* _TASK DESCRIPTION_
Would you transcribe the data word for word?

====== SUPPLIED DATA ======

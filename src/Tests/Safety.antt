-- ===== src/Tests/Safety.antt =====
-- internal/safety on concrete statements.
use sql_ai_tools.Prelude.{
  ◌≡◌, ◌≢◌, ◌↔◌, ◌⊎◌, refl, true, false, [], ◌∷◌, none, some, String, All, Bytes, codes,
}
use sql_ai_tools.Prelude.Int.{pos}
use sql_ai_tools.Safety.Mode.{read_only, safe_write, full_access}
use sql_ai_tools.Safety.Statement.{ddl, dml, explain, select, other, Statement, is_explain}
use sql_ai_tools.Safety.Allowlist.{
  op_simulate, op_execute, Violation, kind_schema, classify, check_parsed, ParseResult, parsed,
}
use sql_ai_tools.Safety.Gate.{
  IsReadOnly, check_parsed-read_only_iff, check_parsed-simulate, check_parsed_mono,
}
use sql_ai_tools.Safety.Envelope.{escalation_target_for}
use sql_ai_tools.Safety.Envelope.Escalation.{escalation_exact}
use sql_ai_tools.Safety.Limit.{injected}
use sql_ai_tools.Safety.Limit.Injection.{IsCapped, injected_iff}

abbrev select_one : Statement
select_one = record {
  node = select none;
  tag = "SELECT";
  statement_type = dml;
  modifies_schema = false;
  writes_data = false;
}

abbrev create_table : Statement
create_table = record {
  node = other;
  tag = "CREATE TABLE";
  statement_type = ddl;
  modifies_schema = true;
  writes_data = false;
}

abbrev explain_one : Statement
explain_one = record {
  node = explain;
  tag = "EXPLAIN";
  statement_type = dml;
  modifies_schema = false;
  writes_data = false;
}

abbrev schema_violation : Violation
schema_violation = record {
  tag = "CREATE TABLE";
  reason = "statement modifies schema; read_only mode forbids it";
  mode = read_only;
  op = op_execute;
  kind = kind_schema;
}

select_passes : check_parsed read_only op_execute (select_one ∷ []) ≡ none
unfolding check_parsed classify
select_passes = refl

check_parsed-read_only_iff_example :
    (check_parsed read_only op_execute (select_one ∷ create_table ∷ []) ≡ none)
    ↔ ((select_one ∷ create_table ∷ [] ≢ []) × All IsReadOnly (select_one ∷ create_table ∷ []))
check_parsed-read_only_iff_example =
    check_parsed-read_only_iff op_execute (select_one ∷ create_table ∷ []) refl

check_parsed-simulate_example :
    ((check_parsed read_only op_simulate (create_table ∷ []) ≡ none) ↔ (
      (create_table ∷ [] ≢ [])
      × All
          (λ s. (is_explain s.node ≡ false) × ((s.statement_type ≡ ddl) ⊎ (s.statement_type ≡ dml)))
          (create_table ∷ [])))
    × (check_parsed safe_write op_simulate (create_table ∷ []) ≢ none)
    × (check_parsed full_access op_simulate (create_table ∷ []) ≢ none)
check_parsed-simulate_example = check_parsed-simulate (create_table ∷ [])

check_parsed_mono_example : check_parsed full_access op_execute (select_one ∷ []) ≡ none
unfolding check_parsed classify
check_parsed_mono_example =
    check_parsed_mono read_only full_access op_execute (select_one ∷ []) tt refl refl

escalation_exact_example :
    (classify full_access op_execute create_table ≡ none)
    × (full_access ≢ read_only)
    × (full_access ≡ full_access → classify safe_write op_execute create_table ≢ none)
unfolding classify escalation_target_for
escalation_exact_example =
    escalation_exact read_only full_access op_execute create_table schema_violation refl refl

abbrev capped_select : Statement
capped_select = record select_one {
  node = select (some (record { count = some 100; offset = none; limit_all = false }));
}

injected_iff_example :
    (injected (select_one ∷ []) (pos 100) ≡ some capped_select)
    ↔ IsCapped (select_one ∷ []) (pos 100) capped_select
injected_iff_example = injected_iff (select_one ∷ []) (pos 100) capped_select

-- A parser that reads every text as the one SELECT, and a printer that shows the tag.
abbrev one_select : Bytes → ParseResult String
one_select sql = parsed (select_one ∷ [])

abbrev tag_of : Statement → Bytes
tag_of s = codes s.tag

======

* _ANSWER TO THIS TASK_
filename src/Tests/Safety.antt
-- ===== src/Tests/Safety.antt =====
-- internal/safety on concrete statements.
use sql_ai_tools.Prelude.{
  ◌≡◌, ◌≢◌, ◌↔◌, ◌⊎◌, refl, true, false, [], ◌∷◌, none, some, String, All, Bytes, codes,
}
use sql_ai_tools.Prelude.Int.{pos}
use sql_ai_tools.Safety.Mode.{read_only, safe_write, full_access}
use sql_ai_tools.Safety.Statement.{ddl, dml, explain, select, other, Statement, is_explain}
use sql_ai_tools.Safety.Allowlist.{
  op_simulate, op_execute, Violation, kind_schema, classify, check_parsed, ParseResult, parsed,
}
use sql_ai_tools.Safety.Gate.{
  IsReadOnly, check_parsed-read_only_iff, check_parsed-simulate, check_parsed_mono,
}
use sql_ai_tools.Safety.Envelope.{escalation_target_for}
use sql_ai_tools.Safety.Envelope.Escalation.{escalation_exact}
use sql_ai_tools.Safety.Limit.{injected}
use sql_ai_tools.Safety.Limit.Injection.{IsCapped, injected_iff}

abbrev select_one : Statement
select_one = record {
  node = select none;
  tag = "SELECT";
  statement_type = dml;
  modifies_schema = false;
  writes_data = false;
}

abbrev create_table : Statement
create_table = record {
  node = other;
  tag = "CREATE TABLE";
  statement_type = ddl;
  modifies_schema = true;
  writes_data = false;
}

abbrev explain_one : Statement
explain_one = record {
  node = explain;
  tag = "EXPLAIN";
  statement_type = dml;
  modifies_schema = false;
  writes_data = false;
}

abbrev schema_violation : Violation
schema_violation = record {
  tag = "CREATE TABLE";
  reason = "statement modifies schema; read_only mode forbids it";
  mode = read_only;
  op = op_execute;
  kind = kind_schema;
}

select_passes : check_parsed read_only op_execute (select_one ∷ []) ≡ none
unfolding check_parsed classify
select_passes = refl

check_parsed-read_only_iff_example :
    (check_parsed read_only op_execute (select_one ∷ create_table ∷ []) ≡ none)
    ↔ ((select_one ∷ create_table ∷ [] ≢ []) × All IsReadOnly (select_one ∷ create_table ∷ []))
check_parsed-read_only_iff_example =
    check_parsed-read_only_iff op_execute (select_one ∷ create_table ∷ []) refl

check_parsed-simulate_example :
    ((check_parsed read_only op_simulate (create_table ∷ []) ≡ none) ↔ (
      (create_table ∷ [] ≢ [])
      × All
          (λ s. (is_explain s.node ≡ false) × ((s.statement_type ≡ ddl) ⊎ (s.statement_type ≡ dml)))
          (create_table ∷ [])))
    × (check_parsed safe_write op_simulate (create_table ∷ []) ≢ none)
    × (check_parsed full_access op_simulate (create_table ∷ []) ≢ none)
check_parsed-simulate_example = check_parsed-simulate (create_table ∷ [])

check_parsed_mono_example : check_parsed full_access op_execute (select_one ∷ []) ≡ none
unfolding check_parsed classify
check_parsed_mono_example =
    check_parsed_mono read_only full_access op_execute (select_one ∷ []) tt refl refl

escalation_exact_example :
    (classify full_access op_execute create_table ≡ none)
    × (full_access ≢ read_only)
    × (full_access ≡ full_access → classify safe_write op_execute create_table ≢ none)
unfolding classify escalation_target_for
escalation_exact_example =
    escalation_exact read_only full_access op_execute create_table schema_violation refl refl

abbrev capped_select : Statement
capped_select = record select_one {
  node = select (some (record { count = some 100; offset = none; limit_all = false }));
}

injected_iff_example :
    (injected (select_one ∷ []) (pos 100) ≡ some capped_select)
    ↔ IsCapped (select_one ∷ []) (pos 100) capped_select
injected_iff_example = injected_iff (select_one ∷ []) (pos 100) capped_select

-- A parser that reads every text as the one SELECT, and a printer that shows the tag.
abbrev one_select : Bytes → ParseResult String
one_select sql = parsed (select_one ∷ [])

abbrev tag_of : Statement → Bytes
tag_of s = codes s.tag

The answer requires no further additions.